## What is needed
Could you print every line from the first one of the records below through the line containing "Genuine (cache_key agent tenant) (resolved_for", with both included and nothing else?

Stored data

-- ===== src/Gateway/Routing.antt =====
-- Which service a request reaches (ServeHTTP, resolve and the cache of cmd/gateway/main.go).
use ai_lab.Prelude.{
  ℕ, ◌+◌, ◌≡◌, subst, refl, sym, ◌∙◌, ◌≢◌, inl, inr, true, Option, none, some, arith, ltb,
  if◌then◌else◌, Bool-cases, Option-cases, Text, same, same→eq, lookup, lookup-insert, ap, Bool,
  List, [], ◌∷◌, ◌++◌,
}
use ai_lab.Gateway.{
  Resolved, CacheEntry, Cache, get, put, cache_key, namespace_of, Deployments, resolved_for,
  resolve, split_dot, parse_host, strip_port, new_cache, Target, target_url, Answer, not_found,
  proxied, serve_http,
}
use ai_lab.Gateway.Hosts.{NoDot, split_dot_join, parse_host_iff}

-- A value under the key that its agent and tenant make, in the namespace of the tenant.
pub record Genuine (k : Text) (r : Resolved) : Type 0 where
  pub dotless : NoDot r.service
  pub keyed : k ≡ cache_key r.service r.tenant_id
  pub homed : r.namespace ≡ namespace_of r.tenant_id

abbrev pub IsValid : Cache → Type 0
IsValid c = (k : Text) (e : CacheEntry) → lookup k c.m ≡ some e → Genuine k e.val

-- A cached value is found under its own key from the time it is put until the TTL has passed, and
-- the values under other keys are as before.
pub get-put :
    (now at : ℕ) (j k : Text) (v : Resolved) (c : Cache)
    → get now j (put at k v c)
      ≡ (if same k j then (if ltb (at + c.ttl) now then none else some v) else get now j c)
unfolding get put
get-put now at j k v c =
    ground (arith, lookup-insert k j (record { val = v; expiry = at + c.ttl }) c.m)

resolved-Genuine :
    (agent tenant : Text) (port : ℕ)
    → NoDot agent
    → Genuine (cache_key agent tenant) (resolved_for agent tenant port)
resolved-Genuine agent tenant port nd = record { dotless = nd; keyed = refl; homed = refl }

put-IsValid :
    (at : ℕ) (k : Text) (v : Resolved) (c : Cache)
    → Genuine k v
    → IsValid c
    → IsValid (put at k v c)
unfolding put
put-IsValid at k v c g h j e q = elim (Bool-cases (same k j)) [
  | inl s ↦
      subst (Genuine j) (value s (sym (lookup-insert k j entry c.m) ∙ q))
        (subst (λ i. Genuine i v) (same→eq k j s) g)
  | inr n ↦ h j e (ground (arith, n, sym (lookup-insert k j entry c.m) ∙ q))
]
  where
    entry : CacheEntry
    entry = record { val = v; expiry = at + c.ttl }

    value : same k j ≡ true → (if same k j then some entry else lookup j c.m) ≡ some e → v ≡ e.val
    value s p = ground (arith, s, p)

get-Genuine :
    (now : ℕ) (k : Text) (v : Resolved) (c : Cache) → IsValid c → get now k c ≡ some v → Genuine k v
unfolding get
get-Genuine now k v c h q = elim (Option-cases (lookup k c.m)) [
  | inl n ↦ absurd (none_of n q)
  | inr (e, at) ↦ subst (Genuine k) (value e at q) (h k e at)
]
  where
    none_of : lookup k c.m ≡ none → get now k c ≢ some v
    none_of n q = ground (arith, n, q)

    value : (e : CacheEntry) → lookup k c.m ≡ some e → get now k c ≡ some v → e.val ≡ v
    value e at q = ground (arith, at, q)

-- What a resolution gives, and the cache it leaves.
record Right (agent tenant : Text) (out : Cache × Option Resolved) : Type 0 where
  valid : IsValid out.0
  right : (r : Resolved) → out.1 ≡ some r → Genuine (cache_key agent tenant) r

resolve-Right :
    (k : Deployments) (now : ℕ) (agent tenant : Text) (c : Cache)
    → NoDot agent
    → IsValid c
    → Right agent tenant (resolve k now agent tenant c)
unfolding resolve
resolve-Right k now agent tenant c nd h =
    go (get now (cache_key agent tenant) c) (k (namespace_of tenant) agent) refl refl
  where
    unsome : {r s : Resolved} → some r ≡ some s → r ≡ s
    unsome q = cc

    go :
        (o : Option Resolved) (p : Option ℕ)
        → get now (cache_key agent tenant) c ≡ o
        → k (namespace_of tenant) agent ≡ p
        → Right agent tenant (resolve k now agent tenant c)
    go (some v) p e f =
        rw (resolve, e)
          (record {
            valid = h;
            right = λ r q. get-Genuine now (cache_key agent tenant) r c h (e ∙ q);
          })
    go none none e f = rw (resolve, e, f) (record { valid = h; right = λ r q. absurd cc })
    go none (some port) e f =
        rw (resolve, e, f)
          (record {
            valid =
                put-IsValid now (cache_key agent tenant) (resolved_for agent tenant port) c
                  (resolved-Genuine agent tenant port nd) h;
            right = λ r q.
                subst (Genuine (cache_key agent tenant)) (unsome q)
                  (resolved-Genuine agent tenant port nd);
          })

-- The one service that a pair of agent and tenant may reach.
abbrev pub service_of : Text → Text → ℕ → Resolved
service_of agent tenant port = record {
  tenant_id = tenant;
  namespace = namespace_of tenant;
  service = agent;
  port = port;
}

Genuine→service :
    (agent tenant : Text) (r : Resolved)
    → NoDot agent
    → Genuine (cache_key agent tenant) r
    → r ≡ service_of agent tenant r.port
Genuine→service agent tenant r nd g =
    let same_pair =
      sym (split_dot_join r.service r.tenant_id g.dotless)
      ∙ ap split_dot (sym g.keyed)
      ∙ split_dot_join agent tenant nd in
    go same_pair g.homed
  where
    go :
        ◌≡◌ {A = Option (Text × Text)} (some (r.service, r.tenant_id)) (some (agent, tenant))
        → r.namespace ≡ namespace_of r.tenant_id
        → r ≡ service_of agent tenant r.port
    go q homed = cc

-- A request: what the API server holds then, the time, and the Host header.
pub record Request : Type 0 where
  pub deployments : Deployments
  pub at : ℕ
  pub host : Text

unfoldable pub cache_after : Text → Bool → List Request → Cache → Cache
cache_after domain proxy [] c = c
cache_after domain proxy (q ∷ qs) c =
    cache_after domain proxy qs ((serve_http domain proxy q.deployments q.at q.host c).0)

-- What a request may come to, and the cache it leaves.
record Served (domain : Text) (proxy : Bool) (host : Text) (out : Cache × Answer) : Type 0 where
  valid : IsValid out.0
  right :
      (t : Target)
      → out.1 ≡ proxied t
      → (agent : Text) × (tenant : Text) × (port : ℕ) × (strip_port host
          ≡ agent ++ b'.' ∷ (tenant ++ b'.' ∷ domain))
        × NoDot agent
        × (t ≡ target_url proxy (service_of agent tenant port))

serve_http-Served :
    (domain : Text) (proxy : Bool) (k : Deployments) (now : ℕ) (host : Text) (c : Cache)
    → IsValid c
    → Served domain proxy host (serve_http domain proxy k now host c)
unfolding serve_http
serve_http-Served domain proxy k now host c h = go (parse_host (strip_port host) domain) refl
  where
    answered :
        (agent tenant : Text)
        → (strip_port host ≡ agent ++ b'.' ∷ (tenant ++ b'.' ∷ domain))
        → NoDot agent
        → (res : Option Resolved) → (resolve k now agent tenant c).1 ≡ res
        → Served domain proxy host (elim res [
          | none ↦ ((resolve k now agent tenant c).0, not_found)
          | some r ↦ ((resolve k now agent tenant c).0, proxied (target_url proxy r))
        ])
    answered agent tenant e nd none q = record {
      valid = (resolve-Right k now agent tenant c nd h).valid;
      right = λ t p. absurd cc;
    }
    answered agent tenant e nd (some r) q = record {
      valid = (resolve-Right k now agent tenant c nd h).valid;
      right = λ t p. (
        agent,
        tenant,
        r.port,
        e,
        nd,
        unproxied p
            ∙ ap (target_url proxy) (
                Genuine→service agent tenant r nd
                  ((resolve-Right k now agent tenant c nd h).right r q)),
      );
    }
      where
        unproxied : {t u : Target} → proxied u ≡ proxied t → t ≡ u
        unproxied p = cc

    go :
        (o : Option (Text × Text))
        → parse_host (strip_port host) domain ≡ o
        → Served domain proxy host (serve_http domain proxy k now host c)
    go none e = rw (serve_http, e) (record { valid = h; right = λ t p. absurd cc })
    go (some (agent, tenant)) e =
        let (whole, nd) = (parse_host_iff (strip_port host) domain agent tenant).0 e in
        rw (serve_http, e) (answered agent tenant whole nd ((resolve k now agent tenant c).1) refl)

-- A host that names an agent and a tenant which resolve is proxied to what they resolve to.
pub serve_http_resolved :
    (domain : Text) (proxy : Bool) (k : Deployments) (now : ℕ) (host agent tenant : Text)
    (c : Cache) (r : Resolved)
    → strip_port host ≡ agent ++ b'.' ∷ (tenant ++ b'.' ∷ domain)
    → NoDot agent
    → (resolve k now agent tenant c).1 ≡ some r
    → (serve_http domain proxy k now host c).1 ≡ proxied (target_url proxy r)
unfolding serve_http
serve_http_resolved domain proxy k now host agent tenant c r named nd found =
    rw (serve_http, (parse_host_iff (strip_port host) domain agent tenant).1 (named, nd), found)
      refl

cache_after-IsValid :
    (domain : Text) (proxy : Bool) (qs : List Request) (c : Cache)
    → IsValid c
    → IsValid (cache_after domain proxy qs c)
unfolding cache_after
cache_after-IsValid domain proxy [] c h = h
cache_after-IsValid domain proxy (q ∷ qs) c h =
    cache_after-IsValid domain proxy qs _
      (serve_http-Served domain proxy q.deployments q.at q.host c h).valid

new_cache-IsValid : (ttl : ℕ) → IsValid (new_cache ttl)
unfolding new_cache lookup
new_cache-IsValid ttl k e h = absurd cc

-- Whatever requests went before, and whatever the API server answered, a request that is proxied
-- goes to the service named by the agent in its host, in the namespace of the tenant in its host.
pub serve_http_isolation :
    (domain : Text) (proxy : Bool) (ttl : ℕ) (before : List Request) (q : Request) (t : Target)
    → (serve_http domain proxy q.deployments q.at q.host
        (cache_after domain proxy before (new_cache ttl))).1
      ≡ proxied t
    → (agent : Text) × (tenant : Text) × (port : ℕ) × (strip_port q.host
        ≡ agent ++ b'.' ∷ (tenant ++ b'.' ∷ domain))
      × NoDot agent
      × (t ≡ target_url proxy (service_of agent tenant port))
serve_http_isolation domain proxy ttl before q t h =
    (serve_http-Served domain proxy q.deployments q.at q.host
        (cache_after domain proxy before (new_cache ttl))
        (cache_after-IsValid domain proxy before (new_cache ttl) (new_cache-IsValid ttl))).right
      t h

## Answer box
-- ===== src/Gateway/Routing.antt =====
-- Which service a request reaches (ServeHTTP, resolve and the cache of cmd/gateway/main.go).
use ai_lab.Prelude.{
  ℕ, ◌+◌, ◌≡◌, subst, refl, sym, ◌∙◌, ◌≢◌, inl, inr, true, Option, none, some, arith, ltb,
  if◌then◌else◌, Bool-cases, Option-cases, Text, same, same→eq, lookup, lookup-insert, ap, Bool,
  List, [], ◌∷◌, ◌++◌,
}
use ai_lab.Gateway.{
  Resolved, CacheEntry, Cache, get, put, cache_key, namespace_of, Deployments, resolved_for,
  resolve, split_dot, parse_host, strip_port, new_cache, Target, target_url, Answer, not_found,
  proxied, serve_http,
}
use ai_lab.Gateway.Hosts.{NoDot, split_dot_join, parse_host_iff}

-- A value under the key that its agent and tenant make, in the namespace of the tenant.
pub record Genuine (k : Text) (r : Resolved) : Type 0 where
  pub dotless : NoDot r.service
  pub keyed : k ≡ cache_key r.service r.tenant_id
  pub homed : r.namespace ≡ namespace_of r.tenant_id

abbrev pub IsValid : Cache → Type 0
IsValid c = (k : Text) (e : CacheEntry) → lookup k c.m ≡ some e → Genuine k e.val

-- A cached value is found under its own key from the time it is put until the TTL has passed, and
-- the values under other keys are as before.
pub get-put :
    (now at : ℕ) (j k : Text) (v : Resolved) (c : Cache)
    → get now j (put at k v c)
      ≡ (if same k j then (if ltb (at + c.ttl) now then none else some v) else get now j c)
unfolding get put
get-put now at j k v c =
    ground (arith, lookup-insert k j (record { val = v; expiry = at + c.ttl }) c.m)

resolved-Genuine :
    (agent tenant : Text) (port : ℕ)
    → NoDot agent
    → Genuine (cache_key agent tenant) (resolved_for agent tenant port)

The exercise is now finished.